You will email me your list of papers (with complete citations) by the date above.
Skill Preparation  
If your project will require a programming language, data interface, or library that you do not yet know, you are expected to begin learning them. You need not master any of them, but should develop comfort and familiarity.

4.2  Summer

During the summer, you are expected to work full-time on the project (40 hours per week for ten weeks). This work will include regularly scheduled group meetings. See the syllabus for more information.
Topic Preparation  
For the first week of summer research, you will continue your preparation from the Spring, developing a survey of the state of the art in whatever project you've decided to undertake. You should prepare a short survey paper. This will serve as an introduction/literature review for a later paper. On the first day of the second week, you will give a public presentation of your work.
Core Research and Development  
For the next eight weeks of the summer, you will work on your project, using what you've learned during preparation for guidance. Some of this time may be spent developing skills. We will have a full-group meeting several times per week.

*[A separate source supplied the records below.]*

-- ===== src/Contiguous.antt =====
-- ContiguousOracle: one contiguous span for each sequence (pimkv/allocator.py).
pub mod Extents
pub mod Invariant
pub mod Methods
pub mod Teardown
use chip_hackathon_f.Prelude.{
  ℕ, zero, suc, ◌+◌, ◌-◌, ◌≡◌, Bool, true, false, not, ◌&&◌, ◌||◌, Option, none, some, List, [],
  ◌∷◌, ◌++◌, arith, ltb, leb, nat_beq, nat_eq, if◌then◌else◌, length, take, drop, range_from,
}
use chip_hackathon_f.Dict.{Dict, get, put, erase, weight}
use chip_hackathon_f.Exec.{
  admission_failure, value_error, key_error, assertion_error, Result, ok, err, Exec, pure, raise,
  ◌>>=◌, ◌>>◌, continue,
}
use chip_hackathon_f.Alloc.{SeqId, seq_id_eq, Pool, new_pool, fetch, check, is_some, num_live}

pub record Extent : Type 0 where
  pub start : ℕ
  pub size : ℕ

pub record SpanState : Type 0 where
  pub extents : List Extent
  pub reserved : Dict SeqId (List ℕ)
  pub spans : Dict SeqId Extent

unfoldable pub init : ℕ → Pool SpanState
unfolding new_pool
init n =
    new_pool n (record { extents = record { start = 0; size = n } ∷ []; reserved = []; spans = [] })

abbrev pub total_size : List Extent → ℕ
total_size [] = 0
total_size (x ∷ xs) = x.size + total_size xs

abbrev pub lengths : SeqId → List ℕ → ℕ
lengths k blocks = length blocks

unfoldable pub num_free : SpanState → ℕ
num_free p = total_size p.extents + weight lengths p.reserved

-- The first extent that is large enough: where it started, what it is shortened to, and the extents with
-- it shortened in place.
unfoldable pub first_fit : ℕ → List Extent → Option (ℕ × Extent × List Extent)
first_fit n [] = none
first_fit n (x ∷ xs) = elim (leb n x.size) [
  | true ↦
      let ext : Extent = record { start = x.start + n; size = x.size - n } in
      some (x.start, ext, ext ∷ xs)
  | false ↦ elim (first_fit n xs) [
    | none ↦ none
    | some (start, ext, ys) ↦ some (start, ext, x ∷ ys)
  ]
]

-- `self.extents.remove(ext)`: the first extent equal to this one.
unfoldable pub remove_extent : Extent → List Extent → List Extent
remove_extent e [] = []
remove_extent e (x ∷ xs) =
    if nat_beq x.start e.start && nat_beq x.size e.size then xs else x ∷ remove_extent e xs

-- The extents after a reservation: a shortened extent of which nothing is left is dropped.
unfoldable pub carve : ℕ → List Extent → Option (ℕ × List Extent)
unfolding first_fit remove_extent
carve n xs = elim (first_fit n xs) [
  | none ↦ none
  | some (start, ext, ys) ↦ some (start, if nat_beq ext.size 0 then remove_extent ext ys else ys)
]

-- `self.refcount[b] = 1` for each block.
unfoldable pub set_ones : List ℕ → Dict ℕ ℕ → Dict ℕ ℕ
set_ones [] d = d
set_ones (b ∷ bs) d = set_ones bs (put b 1 d)

abbrev place : SeqId → ℕ → ℕ → Option (ℕ × List Extent) → Exec (Pool SpanState) (List ℕ)
place k n_prompt n_total none s = (err admission_failure, s)
place k n_prompt n_total (some (start, extents)) s =
    let span = range_from start n_total in
    let head = take n_prompt span in
    (
      ok head,
      record s {
        tables = put k head s.tables;
        refcount = set_ones head s.refcount;
        allocated_total = s.allocated_total + n_prompt;
        placement = record {
          extents = extents;
          reserved = put k (drop n_prompt span) s.placement.reserved;
          spans = put k (record { start = start; size = n_total }) s.placement.spans;
        };
      },
    )

unfoldable pub admit : SeqId → ℕ → ℕ → Exec (Pool SpanState) (List ℕ)
unfolding carve set_ones
admit k n_prompt_blocks n_total_blocks = do
  λ s. check (not (is_some (get k s.tables))) value_error s
  λ s. place k n_prompt_blocks n_total_blocks (carve n_total_blocks s.placement.extents) s

unfoldable pub admit_shared : SeqId → List ℕ → ℕ → ℕ → Exec (Pool SpanState) (List ℕ)
admit_shared k shared n_new n_total_blocks = admit k (length shared + n_new) n_total_blocks

-- The first reserved block becomes live; the table is written last.
abbrev grow : SeqId → List ℕ → Exec (Pool SpanState) ℕ
grow k [] = raise admission_failure
grow k (b ∷ rest) = do
  λ s. (
    ok tt,
    record s {
      refcount = put b 1 s.refcount;
      allocated_total = s.allocated_total + 1;
      placement = record s.placement { reserved = put k rest s.placement.reserved };
    },
  )
  table ← λ s. fetch (get k s.tables) s
  λ s. (ok b, record s { tables = put k (table ++ b ∷ []) s.tables })

unfoldable pub append_block : SeqId → Exec (Pool SpanState) ℕ
append_block k = do r ← λ s. fetch (get k s.placement.reserved) s; grow k r

-- The last n reserved blocks.
unfoldable pub take_scratch : SeqId → ℕ → Exec (Pool SpanState) (List ℕ)
unfolding set_ones
take_scratch k n = do
  r ← λ s. fetch (get k s.placement.reserved) s
  check (leb n (length r)) admission_failure
  λ s. (
    ok (drop (length r - n) r),
    record s {
      refcount = set_ones (drop (length r - n) r) s.refcount;
      allocated_total = s.allocated_total + n;
      placement = record s.placement {
        reserved = put k (take (length r - n) r) s.placement.reserved;
      };
    },
  )

-- `_unref_span_block`: the space comes back with the span, so only the counters change.
-- A stored count is at least 1, so `rc == 0` after the subtraction is 1 before it.
abbrev drop_ref : ℕ → ℕ → Exec (Pool SpanState) (Unit {0})
drop_ref b rc s =
    if nat_beq rc 1
    then (ok tt, record s { refcount = erase b s.refcount; freed_total = s.freed_total + 1 })
    else (ok tt, record s { refcount = put b (rc - 1) s.refcount })

unfoldable pub unref_span_block : ℕ → Exec (Pool SpanState) (Unit {0})
unref_span_block b s = continue (drop_ref b) (fetch (get b s.refcount) s)

unfoldable pub unref_blocks : List ℕ → Exec (Pool SpanState) (Unit {0})
unfolding unref_span_block
unref_blocks [] = pure tt
unref_blocks (b ∷ bs) = do unref_span_block b; unref_blocks bs

-- The order of `[start, size]` lists, and a sort by it.
abbrev pub extent_le : Extent → Extent → Bool
extent_le a b = ltb a.start b.start || (nat_beq a.start b.start && leb a.size b.size)

unfoldable pub insert_extent : Extent → List Extent → List Extent
insert_extent e [] = e ∷ []
insert_extent e (x ∷ xs) = if extent_le x e then x ∷ insert_extent e xs else e ∷ x ∷ xs

unfoldable pub sort_extents : List Extent → List Extent
unfolding insert_extent
sort_extents [] = []
sort_extents (x ∷ xs) = insert_extent x (sort_extents xs)

-- The merge loop: `last` is `merged[-1]`.
unfoldable pub merge_from : Extent → List Extent → List Extent
merge_from last [] = last ∷ []
merge_from last (x ∷ xs) = elim (nat_beq (last.start + last.size) x.start) [
  | true ↦ merge_from (record last { size = last.size + x.size }) xs
  | false ↦ last ∷ merge_from x xs
]

unfoldable pub merge : List Extent → List Extent
unfolding merge_from
merge [] = []
merge (x ∷ xs) = merge_from x xs

unfoldable pub return_extent : Extent → List Extent → List Extent
unfolding merge sort_extents
return_extent e xs = merge (sort_extents (xs ++ e ∷ []))

unfoldable pub release : SeqId → Exec (Pool SpanState) (Unit {0})
unfolding unref_blocks return_extent
release k = do
  table ← λ s. fetch (get k s.tables) s
  λ s. (ok tt, record s { tables = erase k s.tables })
  unref_blocks table
  reserved ← λ s. fetch (get k s.placement.reserved) s
  λ s. (
    ok tt,
    record s { placement = record s.placement { reserved = erase k s.placement.reserved } },
  )
  span ← λ s. fetch (get k s.placement.spans) s
  λ s. (
    ok tt,
    record s {
      placement = record s.placement {
        spans = erase k s.placement.spans;
        extents = return_extent span s.placement.extents;
      };
    },
  )

unfoldable pub assert_conservation : Exec (Pool SpanState) (Unit {0})
unfolding num_free num_live
assert_conservation s =
    (do
      check (nat_beq s.allocated_total (s.freed_total + num_live s)) assertion_error
      check (nat_beq (num_live s + num_free s.placement) s.num_blocks) assertion_error)
      s
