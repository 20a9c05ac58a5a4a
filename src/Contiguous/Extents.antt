-- ===== src/Contiguous/Extents.antt =====
-- Carving a span out of the free extents and giving it back.
use chip_hackathon_f.Prelude.{
  ℕ, ◌+◌, ◌≡◌, refl, inl, inr, ◌&&◌, some, List, [], ◌∷◌, ◌++◌, arith, ltb, leb, nat_beq, indicator,
  Bool-cases, Option-cases, All, ◌<◌, none,
}
use chip_hackathon_f.Contiguous.{
  Extent, total_size, first_fit, remove_extent, carve, extent_le, insert_extent, sort_extents,
  merge_from, merge, return_extent,
}

-- How often a block lies in the extents.
abbrev pub within : ℕ → Extent → ℕ
within b x = indicator (leb x.start b && ltb b (x.start + x.size))

abbrev pub cover : ℕ → List Extent → ℕ
cover b [] = 0
cover b (x ∷ xs) = within b x + cover b xs

cover-append : (b : ℕ) (xs ys : List Extent) → cover b (xs ++ ys) ≡ cover b xs + cover b ys
cover-append b [] ys = omega arith
cover-append b (x ∷ xs) ys = omega (arith, cover-append b xs ys)

cover-insert :
    (b : ℕ) (e : Extent) (xs : List Extent) → cover b (insert_extent e xs) ≡ within b e + cover b xs
unfolding insert_extent
cover-insert b e [] = refl
cover-insert b e (x ∷ xs) = elim (Bool-cases (extent_le x e)) [
  | inl t ↦ rw t (omega (arith, cover-insert b e xs))
  | inr t ↦ rw t
]

cover-sort : (b : ℕ) (xs : List Extent) → cover b (sort_extents xs) ≡ cover b xs
unfolding sort_extents
cover-sort b [] = refl
cover-sort b (x ∷ xs) = omega (arith, cover-insert b x (sort_extents xs), cover-sort b xs)

within-join :
    (b s m n : ℕ)
    → within b (record { start = s; size = m + n })
      ≡ within b (record { start = s; size = m }) + within b (record { start = s + m; size = n })
within-join b s m n = ground arith

cover-merge_from :
    (b : ℕ) (last : Extent) (xs : List Extent)
    → cover b (merge_from last xs) ≡ within b last + cover b xs
unfolding merge_from
cover-merge_from b last [] = refl
cover-merge_from b last (x ∷ xs) = elim (Bool-cases (nat_beq (last.start + last.size) x.start)) [
  | inl t ↦
      let e : x.start ≡ last.start + last.size = ground arith in
      rw (t, merge_from)
        (omega (
          arith,
          cover-merge_from b (record last { size = last.size + x.size }) xs,
          within-join b last.start last.size x.size,
          joined x e,
        ))
  | inr t ↦ rw (t, merge_from) (omega (arith, cover-merge_from b x xs))
]
  where
    joined :
        (x : Extent)
        → x.start ≡ last.start + last.size
        → within b (record { start = last.start + last.size; size = x.size }) ≡ within b x
    joined x e = rw e

cover-merge : (b : ℕ) (xs : List Extent) → cover b (merge xs) ≡ cover b xs
unfolding merge
cover-merge b [] = refl
cover-merge b (x ∷ xs) = cover-merge_from b x xs

-- After a span is given back, every block is covered by the free extents as often as before, and once
-- more where it lies in the span, whatever is sorted and merged.
pub cover-return_extent :
    (b : ℕ) (e : Extent) (xs : List Extent) → cover b (return_extent e xs) ≡ cover b xs + within b e
unfolding return_extent
cover-return_extent b e xs = omega (
  arith,
  cover-merge b (sort_extents (xs ++ e ∷ [])),
  cover-sort b (xs ++ e ∷ []),
  cover-append b xs (e ∷ []),
)

-- The free sizes are counted in the same way.
size-insert :
    (e : Extent) (xs : List Extent) → total_size (insert_extent e xs) ≡ e.size + total_size xs
unfolding insert_extent
size-insert e [] = refl
size-insert e (x ∷ xs) = elim (Bool-cases (extent_le x e)) [
  | inl t ↦ rw t (omega (arith, size-insert e xs))
  | inr t ↦ rw t
]

size-sort : (xs : List Extent) → total_size (sort_extents xs) ≡ total_size xs
unfolding sort_extents
size-sort [] = refl
size-sort (x ∷ xs) = omega (arith, size-insert x (sort_extents xs), size-sort xs)

size-merge_from :
    (last : Extent) (xs : List Extent) → total_size (merge_from last xs) ≡ last.size + total_size xs
unfolding merge_from
size-merge_from last [] = refl
size-merge_from last (x ∷ xs) = elim (Bool-cases (nat_beq (last.start + last.size) x.start)) [
  | inl t ↦
      rw (t, merge_from)
        (omega (arith, size-merge_from (record last { size = last.size + x.size }) xs))
  | inr t ↦ rw (t, merge_from) (omega (arith, size-merge_from x xs))
]

size-append : (xs ys : List Extent) → total_size (xs ++ ys) ≡ total_size xs + total_size ys
size-append [] ys = omega arith
size-append (x ∷ xs) ys = omega (arith, size-append xs ys)

pub size-return_extent :
    (e : Extent) (xs : List Extent) → total_size (return_extent e xs) ≡ total_size xs + e.size
unfolding return_extent merge
size-return_extent e xs =
    go (sort_extents (xs ++ e ∷ []))
      (omega (arith, size-sort (xs ++ e ∷ []), size-append xs (e ∷ [])))
  where
    go :
        (ys : List Extent)
        → total_size ys ≡ total_size xs + e.size
        → total_size (merge ys) ≡ total_size xs + e.size
    go [] h = h
    go (y ∷ ys) h = omega (arith, h, size-merge_from y ys)

-- Removing an empty extent takes no block away.
cover-remove :
    (b : ℕ) (e : Extent) (xs : List Extent) → e.size ≡ 0 → cover b (remove_extent e xs) ≡ cover b xs
unfolding remove_extent
cover-remove b e [] h = refl
cover-remove b e (x ∷ xs) h = elim (Bool-cases (nat_beq x.start e.start && nat_beq x.size e.size)) [
  | inl t ↦ rw t (ground (arith, h))
  | inr t ↦ rw t (omega (arith, cover-remove b e xs h))
]

size-remove :
    (e : Extent) (xs : List Extent) → e.size ≡ 0 → total_size (remove_extent e xs) ≡ total_size xs
unfolding remove_extent
size-remove e [] h = refl
size-remove e (x ∷ xs) h = elim (Bool-cases (nat_beq x.start e.start && nat_beq x.size e.size)) [
  | inl t ↦ rw t (ground (arith, h))
  | inr t ↦ rw t (omega (arith, size-remove e xs h))
]

-- What a reservation of n blocks takes: the blocks from `start` on, no others.
pub record Carved (n : ℕ) (xs : List Extent) (start : ℕ) (ys : List Extent) : Type 0 where
  pub covers : (b : ℕ) → cover b xs ≡ cover b ys + within b (record { start = start; size = n })
  pub sizes : total_size xs ≡ total_size ys + n

first_fit-Carved :
    (n : ℕ) (xs : List Extent) (start : ℕ) (ext : Extent) (ys : List Extent)
    → first_fit n xs ≡ some (start, ext, ys)
    → Carved n xs start ys
unfolding first_fit
first_fit-Carved n [] start ext ys e = absurd (cc)
first_fit-Carved n (x ∷ xs) start ext ys e = elim (Bool-cases (leb n x.size)) [
  | inl t ↦ record { covers = λ b. ground (arith, e, t); sizes = ground (arith, e, t) }
  | inr t ↦ elim (Option-cases (first_fit n xs)) [
    | inl f ↦ absurd (ground (arith, e, t, f))
    | inr ((s, x', zs), f) ↦
        let c = first_fit-Carved n xs s x' zs f in
        record {
          covers = λ b. ground (arith, e, t, f, c.covers b);
          sizes = ground (arith, e, t, f, c.sizes);
        }
  ]
]

-- Where a reservation of n blocks succeeds, it takes the n blocks from `start` on out of the free
-- extents and no others, and the total size of the extents shrinks by n.
pub carve-Carved :
    (n : ℕ) (xs : List Extent) (start : ℕ) (ys : List Extent)
    → carve n xs ≡ some (start, ys)
    → Carved n xs start ys
unfolding carve
carve-Carved n xs start ys e = elim (Option-cases (first_fit n xs)) [
  | inl f ↦ absurd (ground (arith, e, f))
  | inr ((s, x, zs), f) ↦
      let c = first_fit-Carved n xs s x zs f in
      elim (Bool-cases (nat_beq x.size 0)) [
        | inl t ↦
            let empty : x.size ≡ 0 = ground (arith, t) in
            record {
              covers = λ b. ground (arith, e, f, t, c.covers b, cover-remove b x zs empty);
              sizes = ground (arith, e, f, t, c.sizes, size-remove x zs empty);
            }
        | inr t ↦ record {
          covers = λ b. ground (arith, e, f, t, c.covers b);
          sizes = ground (arith, e, f, t, c.sizes);
        }
      ]
]

first_fit-none :
    (n : ℕ) (xs : List Extent) → first_fit n xs ≡ none → All (λ (x : Extent). x.size < n) xs
unfolding first_fit
first_fit-none n [] e = tt
first_fit-none n (x ∷ xs) e = elim (Bool-cases (leb n x.size)) [
  | inl t ↦ absurd (ground (arith, e, t))
  | inr t ↦ elim (Option-cases (first_fit n xs)) [
    | inl f ↦ (ground (arith, t), first_fit-none n xs f)
    | inr ((s, x', zs), f) ↦ absurd (ground (arith, e, t, f))
  ]
]

-- A reservation is refused only where every extent is smaller.
pub carve-none :
    (n : ℕ) (xs : List Extent) → carve n xs ≡ none → All (λ (x : Extent). x.size < n) xs
unfolding carve
carve-none n xs e = elim (Option-cases (first_fit n xs)) [
  | inl f ↦ first_fit-none n xs f
  | inr ((s, x, zs), f) ↦ absurd (ground (arith, e, f))
]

Each group will present at least once per week at that meeting.
Writing  
Throughout the summer, you will work on a five-to-ten page paper describing your work and placing it in the context of related work. Your paper should meet the highest standards of writing at Grinnell. I hope our work will progress to the point that you will be able to submit a version of this paper to a scholarly conference or journal. (I will provide significant assistance in developing the submitted version, in which case I will probably ask to be listed as a co-author.)

4.3  Fall and Beyond

Poster Presentation  
You will create a poster describing your work and present it at the Grinnell Science Poster Seminar (typically during parents' weekend).
Internal Public Presentation  
You will give a twenty-five or fifty minute presentation on your work as part of the Computer Science Department's Thursday Extras series.
External Conference Presentation  
If your work is submitted to and accepted by a conference you are expected to attend and present your work. (Funding is available from the Dean's office for you to attend the conference.)
External Pew Presentation  
You may submit your work to the Pew Midstates Science and Mathematics Consortium Fall Symposium on Undergraduate Research in the Physical and Mathematical Sciences. If your work is accepted, you must attend the symposium (including non-CS talks) and present your work (in poster or talk form). You must give at least one practice talk before going to the conference.

Acknowledgement

With thanks to Professor Sam Rebelsky for many elements of Section 4.